What the task requires: In the entries that follow, the first line to write out is the one containing "head_next = q;", and the last is the one containing "tail_next = null". Reproduce that stretch exactly, with nothing before or after it.

Stored items
━━━━━━━━━━━━━━━━

-- ===== src/MemPool/Pool.antt =====
-- The pool's invariant, and what `mpalloc` and `mpfree` do to the list of free chunks.
use aoq.Prelude.{
  ◌+◌, ◌-◌, ◌∙◌, sym, ◌≡◌, refl, ◌≢◌, false, some, none, [], ◌∷◌, ◌++◌, arith, length,
  length-append,
}
use aoq.Prelude.Int.{pos, ◌+ℤ◌, ◌-ℤ◌}
use aoq.Heap.{Ptr, null, ok, Heap, Returns, read, write, load, store, Malloc}
use aoq.Heap.Chain.{
  node, Cells, first, last, has, Chain, Chain-write, set_next, set_next-last, last-append,
  last-cons,
}
use aoq.MemPool.{Chunk, ChunkNode, Mem, zeros, mpfree, link_tail, mpalloc, new_node}

-- The chunks `xs` are free, in this order. The pointer to the last one is stale when there is none.
pub record IsPool (m : Mem) (xs : Cells Chunk) : Type 0 where
  pub chain : Chain m.chunks xs
  pub head : m.mp.head_next ≡ first xs
  pub tail : xs ≢ [] → m.mp.tail_next ≡ last xs
  pub total : m.mp.total ≡ length xs

-- What an allocation returned: a cleared chunk of its own, with `next` at `NULL`.
pub record Allocated (m : Mem) (c : Chunk) (xs : Cells Chunk) (r : Ptr × Mem) : Type 0 where
  pub ne_null : r.0 ≢ null
  pub holds : read r.1.chunks r.0 ≡ some (node c null)
  pub apart : has r.0 xs ≡ false
  pub pool : IsPool r.1 xs
  pub counted : r.1.chunk_used_num ≡ m.chunk_used_num +ℤ pos 1
  pub slabs : r.1.slabs ≡ m.slabs
  pub cksize : r.1.mp.cksize ≡ m.mp.cksize
  pub same : (p : Ptr) → p ≢ r.0 → read r.1.chunks p ≡ read m.chunks p

-- The states after the two branches of `mpalloc`.
abbrev taken : Mem → Ptr → Chunk → Ptr → Mem
taken m p c q = record m {
  chunks = write m.chunks p (some (node c null));
  mp = record (m.mp) { head_next = q; total = m.mp.total - 1 };
  chunk_used_num = m.chunk_used_num +ℤ pos 1;
}

abbrev made : Mem → Ptr → Mem
made m p = record m {
  chunks = write m.chunks p (some (node (zeros m.mp.cksize) null));
  mp = record (m.mp) { tail_next = null };
  chunk_used_num = m.chunk_used_num +ℤ pos 1;
}

mpalloc-taken :
    (malloc : Malloc ChunkNode) (m : Mem) (p : Ptr) (c : Chunk) (q : Ptr)
    → m.mp.head_next ≡ p
    → p ≢ null
    → read m.chunks p ≡ some (node c q)
    → mpalloc malloc m ≡ ok (p, taken m p c q)
unfolding mpalloc load set_next
mpalloc-taken malloc m p c q e ne r = ground arith

mpalloc-made :
    (malloc : Malloc ChunkNode) (m : Mem)
    → m.mp.head_next ≡ null
    → mpalloc malloc m ≡ ok (malloc.fresh m.chunks, made m (malloc.fresh m.chunks))
unfolding mpalloc new_node
mpalloc-made malloc m e = ground arith

-- When the pool has a free chunk, `mpalloc` returns the first one with its `next` at `NULL`. The other
-- free chunks stay a well-formed pool, the count of chunks in use grows by one, and no other chunk, no
-- slab and not the chunk size changes.
pub mpalloc-cons :
    (malloc : Malloc ChunkNode) {m : Mem} (p : Ptr) (c : Chunk) (xs : Cells Chunk)
    → IsPool m ((p, c) ∷ xs)
    → Returns (mpalloc malloc m) λ r. (r.0 ≡ p) × Allocated m c xs r
unfolding read
mpalloc-cons malloc {m} p c xs is =
    let (ne, e, out, chain) = is.chain in
    (
      (p, taken m p c (first xs)),
      mpalloc-taken malloc m p c (first xs) is.head ne e,
      (
        refl,
        record {
          ne_null = ne;
          holds = ground arith;
          apart = out;
          pool = record {
            chain = Chain-write m.chunks xs p (some (node c null)) chain out;
            head = refl;
            tail = λ some_left. is.tail (λ eq. cc) ∙ last-cons (p, c) xs some_left;
            total = omega (arith, is.total);
          };
          counted = refl;
          slabs = refl;
          cksize = refl;
          same = λ q d. ground arith;
        },
      ),
    )

-- When the pool has no free chunk, `mpalloc` returns a new chunk of zeros at an address that held none,
-- with its `next` at `NULL`, and sets the pool's last pointer to `NULL`. The pool stays empty, the count
-- of chunks in use grows by one, and no other chunk, no slab and not the chunk size changes.
pub mpalloc-nil :
    (malloc : Malloc ChunkNode) {m : Mem}
    → IsPool m []
    → Returns (mpalloc malloc m) λ r.
      (read m.chunks r.0 ≡ none) × (r.1.mp.tail_next ≡ null) × Allocated m (zeros m.mp.cksize) [] r
unfolding read
mpalloc-nil malloc {m} is = (
  (malloc.fresh m.chunks, made m (malloc.fresh m.chunks)),
  mpalloc-made malloc m is.head,
  (
    malloc.fresh_unused m.chunks,
    refl,
    record {
      ne_null = malloc.fresh_ne_null m.chunks;
      holds = ground arith;
      apart = refl;
      pool = record { chain = tt; head = is.head; tail = λ ne. absurd (ne refl); total = is.total };
      counted = refl;
      slabs = refl;
      cksize = refl;
      same = λ q d. ground arith;
    },
  ),
)

abbrev cleared : Mem → Ptr → Mem
cleared m p = record m { chunks = write m.chunks p (some (node (zeros m.mp.cksize) null)) }

abbrev pub linked : Mem → Heap ChunkNode → Ptr → Mem
linked m h p = record m { chunks = h; mp = record (m.mp) { tail_next = p } }

pub link_tail-ok :
    (m : Mem) (p t : Ptr) (h : Heap ChunkNode)
    → m.mp.tail_next ≡ t
    → set_next m.chunks t p ≡ ok h
    → link_tail p m ≡ ok (linked m h p)
unfolding link_tail
link_tail-ok m p t h e run = ground arith

-- The state after `mpfree`, with `h` for its heap and `head` for its first node.
abbrev given_back : Mem → Heap ChunkNode → Ptr → Ptr → Mem
given_back m h head p = record m {
  chunks = h;
  mp = record (m.mp) { head_next = head; tail_next = p; total = m.mp.total + 1 };
  chunk_used_num = m.chunk_used_num -ℤ pos 1;
}

mpfree-first :
    (m : Mem) (p : Ptr) (n : ChunkNode)
    → m.mp.total ≡ 0
    → p ≢ null
    → read m.chunks p ≡ some n
    → mpfree p m ≡ ok (given_back m (cleared m p).chunks p p)
unfolding mpfree load store
mpfree-first m p n e ne r = ground arith

mpfree-behind :
    (m : Mem) (p t : Ptr) (n : ChunkNode) (h : Heap ChunkNode)
    → m.mp.total ≢ 0
    → m.mp.tail_next ≡ t
    → p ≢ null
    → read m.chunks p ≡ some n
    → set_next (cleared m p).chunks t p ≡ ok h
    → mpfree p m ≡ ok (given_back m h m.mp.head_next p)
unfolding mpfree load store
mpfree-behind m p t n h e et ne r run = ground (arith, link_tail-ok (cleared m p) p t h et run)

-- What `mpfree p` leaves: the chunk is cleared and joins the free chunks as the last.
pub record Freed (m : Mem) (p : Ptr) (xs : Cells Chunk) (m' : Mem) : Type 0 where
  pub pool : IsPool m' (xs ++ ((p, zeros m.mp.cksize) ∷ []))
  pub counted : m'.chunk_used_num ≡ m.chunk_used_num -ℤ pos 1
  pub cksize : m'.mp.cksize ≡ m.mp.cksize
  pub slabs : m'.slabs ≡ m.slabs
  pub same : (q : Ptr) → q ≢ p → has q xs ≡ false → read m'.chunks q ≡ read m.chunks q

-- `mpfree` of a chunk that exists and is not free clears it and puts it behind the free chunks of a
-- well-formed pool. The count of chunks in use falls by one, and no chunk outside the pool changes.
pub mpfree-Freed :
    {m : Mem} (p : Ptr) (n : ChunkNode) (xs : Cells Chunk)
    → IsPool m xs
    → p ≢ null
    → read m.chunks p ≡ some n
    → has p xs ≡ false
    → Returns (mpfree p m) (Freed m p xs)
unfolding read
mpfree-Freed {m} p n [] is ne r out = (
  given_back m (cleared m p).chunks p p,
  mpfree-first m p n is.total ne r,
  record {
    pool = record {
      chain = (ne, ground arith, refl, tt);
      head = refl;
      tail = λ _. refl;
      total = omega (arith, is.total);
    };
    counted = refl;
    cksize = refl;
    slabs = refl;
    same = λ q d o. ground arith;
  },
)
mpfree-Freed {m} p n (x ∷ xs) is ne r out =
    let c = zeros m.mp.cksize in
    let kept = Chain-write m.chunks (x ∷ xs) p (some (node c null)) is.chain out in
    let (h, run, (chain, same)) = set_next-last _ x xs p c kept ne (ground arith) out in
    (
      given_back m h m.mp.head_next p,
      mpfree-behind m p (last (x ∷ xs)) n h (omega (arith, is.total)) (is.tail λ e. cc) ne r run,
      record {
        pool = record {
          chain = chain;
          head = is.head;
          tail = λ _. sym (last-append (x ∷ xs) p c);
          total = omega (arith, is.total, length-append (x ∷ xs) ((p, c) ∷ []));
        };
        counted = refl;
        cksize = refl;
        slabs = refl;
        same = λ q d o. same q o ∙ ground arith;
      },
    )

━━━━━━━━━━━━━━━━

Your solution:
  mp = record (m.mp) { head_next = q; total = m.mp.total - 1 };
  chunk_used_num = m.chunk_used_num +ℤ pos 1;
}

abbrev made : Mem → Ptr → Mem
made m p = record m {
  chunks = write m.chunks p (some (node (zeros m.mp.cksize) null));
  mp = record (m.mp) { tail_next = null };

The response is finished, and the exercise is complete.